Give back only the lines in the records below from the one with "pub model : Units" to the one with "starts_with (c ∷ cs) (p", both inclusive, word for word.

--- Input for this task ---

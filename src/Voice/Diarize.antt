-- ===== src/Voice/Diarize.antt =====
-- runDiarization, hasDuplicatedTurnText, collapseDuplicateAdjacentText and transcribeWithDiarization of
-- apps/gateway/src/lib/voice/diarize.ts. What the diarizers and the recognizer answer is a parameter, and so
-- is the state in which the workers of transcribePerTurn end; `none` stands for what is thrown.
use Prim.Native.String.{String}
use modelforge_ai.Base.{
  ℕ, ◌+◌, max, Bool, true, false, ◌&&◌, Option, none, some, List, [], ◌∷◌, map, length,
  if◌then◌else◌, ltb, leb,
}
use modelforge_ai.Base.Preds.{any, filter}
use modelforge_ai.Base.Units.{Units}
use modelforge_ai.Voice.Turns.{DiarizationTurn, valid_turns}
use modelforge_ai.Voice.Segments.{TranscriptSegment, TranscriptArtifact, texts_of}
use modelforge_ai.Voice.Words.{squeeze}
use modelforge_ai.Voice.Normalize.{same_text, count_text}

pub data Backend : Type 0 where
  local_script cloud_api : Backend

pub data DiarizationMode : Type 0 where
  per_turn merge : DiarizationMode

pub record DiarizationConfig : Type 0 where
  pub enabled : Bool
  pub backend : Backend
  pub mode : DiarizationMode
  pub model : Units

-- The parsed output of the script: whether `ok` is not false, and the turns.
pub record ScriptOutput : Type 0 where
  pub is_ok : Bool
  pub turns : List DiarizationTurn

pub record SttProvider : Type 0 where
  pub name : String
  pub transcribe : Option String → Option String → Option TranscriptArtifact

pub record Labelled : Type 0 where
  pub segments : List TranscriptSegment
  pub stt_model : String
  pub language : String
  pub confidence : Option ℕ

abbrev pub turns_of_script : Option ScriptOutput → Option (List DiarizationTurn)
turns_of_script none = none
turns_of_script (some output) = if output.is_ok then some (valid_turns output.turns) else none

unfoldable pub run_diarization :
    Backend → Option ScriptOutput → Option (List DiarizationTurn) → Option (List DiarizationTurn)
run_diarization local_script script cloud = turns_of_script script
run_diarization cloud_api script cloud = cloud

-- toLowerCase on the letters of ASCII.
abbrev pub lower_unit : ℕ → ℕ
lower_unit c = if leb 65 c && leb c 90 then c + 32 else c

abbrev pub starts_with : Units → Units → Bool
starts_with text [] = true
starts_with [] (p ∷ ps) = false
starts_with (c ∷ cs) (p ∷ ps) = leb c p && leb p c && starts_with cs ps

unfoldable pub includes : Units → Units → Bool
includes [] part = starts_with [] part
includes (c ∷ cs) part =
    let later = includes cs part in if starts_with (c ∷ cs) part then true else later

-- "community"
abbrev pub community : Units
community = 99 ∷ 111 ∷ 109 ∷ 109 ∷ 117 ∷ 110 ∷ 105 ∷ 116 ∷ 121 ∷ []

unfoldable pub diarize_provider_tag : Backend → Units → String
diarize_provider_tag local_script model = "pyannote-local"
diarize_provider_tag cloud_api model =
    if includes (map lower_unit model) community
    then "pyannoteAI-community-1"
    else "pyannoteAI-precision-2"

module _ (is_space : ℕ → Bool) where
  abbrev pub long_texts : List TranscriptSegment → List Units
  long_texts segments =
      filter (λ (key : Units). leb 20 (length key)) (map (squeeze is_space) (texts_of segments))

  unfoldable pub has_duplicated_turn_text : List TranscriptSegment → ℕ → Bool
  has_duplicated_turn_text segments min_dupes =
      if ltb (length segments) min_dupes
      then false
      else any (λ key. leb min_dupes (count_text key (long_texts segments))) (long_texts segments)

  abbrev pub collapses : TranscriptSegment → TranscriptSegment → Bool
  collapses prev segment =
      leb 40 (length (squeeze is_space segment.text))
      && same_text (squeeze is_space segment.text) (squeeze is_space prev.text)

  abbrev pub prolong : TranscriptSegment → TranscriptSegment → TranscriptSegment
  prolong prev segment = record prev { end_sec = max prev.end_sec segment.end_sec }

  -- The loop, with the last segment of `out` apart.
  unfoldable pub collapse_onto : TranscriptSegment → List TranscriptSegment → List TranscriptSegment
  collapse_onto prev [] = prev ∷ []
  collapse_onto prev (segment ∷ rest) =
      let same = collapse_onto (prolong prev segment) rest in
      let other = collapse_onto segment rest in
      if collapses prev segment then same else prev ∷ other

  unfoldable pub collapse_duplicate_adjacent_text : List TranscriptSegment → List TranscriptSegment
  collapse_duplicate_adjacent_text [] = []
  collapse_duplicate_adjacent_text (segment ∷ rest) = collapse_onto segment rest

---

**Task result:**
  pub model : Units

-- The parsed output of the script: whether `ok` is not false, and the turns.
pub record ScriptOutput : Type 0 where
  pub is_ok : Bool
  pub turns : List DiarizationTurn

pub record SttProvider : Type 0 where
  pub name : String
  pub transcribe : Option String → Option String → Option TranscriptArtifact

pub record Labelled : Type 0 where
  pub segments : List TranscriptSegment
  pub stt_model : String
  pub language : String
  pub confidence : Option ℕ

abbrev pub turns_of_script : Option ScriptOutput → Option (List DiarizationTurn)
turns_of_script none = none
turns_of_script (some output) = if output.is_ok then some (valid_turns output.turns) else none

unfoldable pub run_diarization :
    Backend → Option ScriptOutput → Option (List DiarizationTurn) → Option (List DiarizationTurn)
run_diarization local_script script cloud = turns_of_script script
run_diarization cloud_api script cloud = cloud

-- toLowerCase on the letters of ASCII.
abbrev pub lower_unit : ℕ → ℕ
lower_unit c = if leb 65 c && leb c 90 then c + 32 else c

abbrev pub starts_with : Units → Units → Bool
starts_with text [] = true
starts_with [] (p ∷ ps) = false
starts_with (c ∷ cs) (p ∷ ps) = leb c p && leb p c && starts_with cs ps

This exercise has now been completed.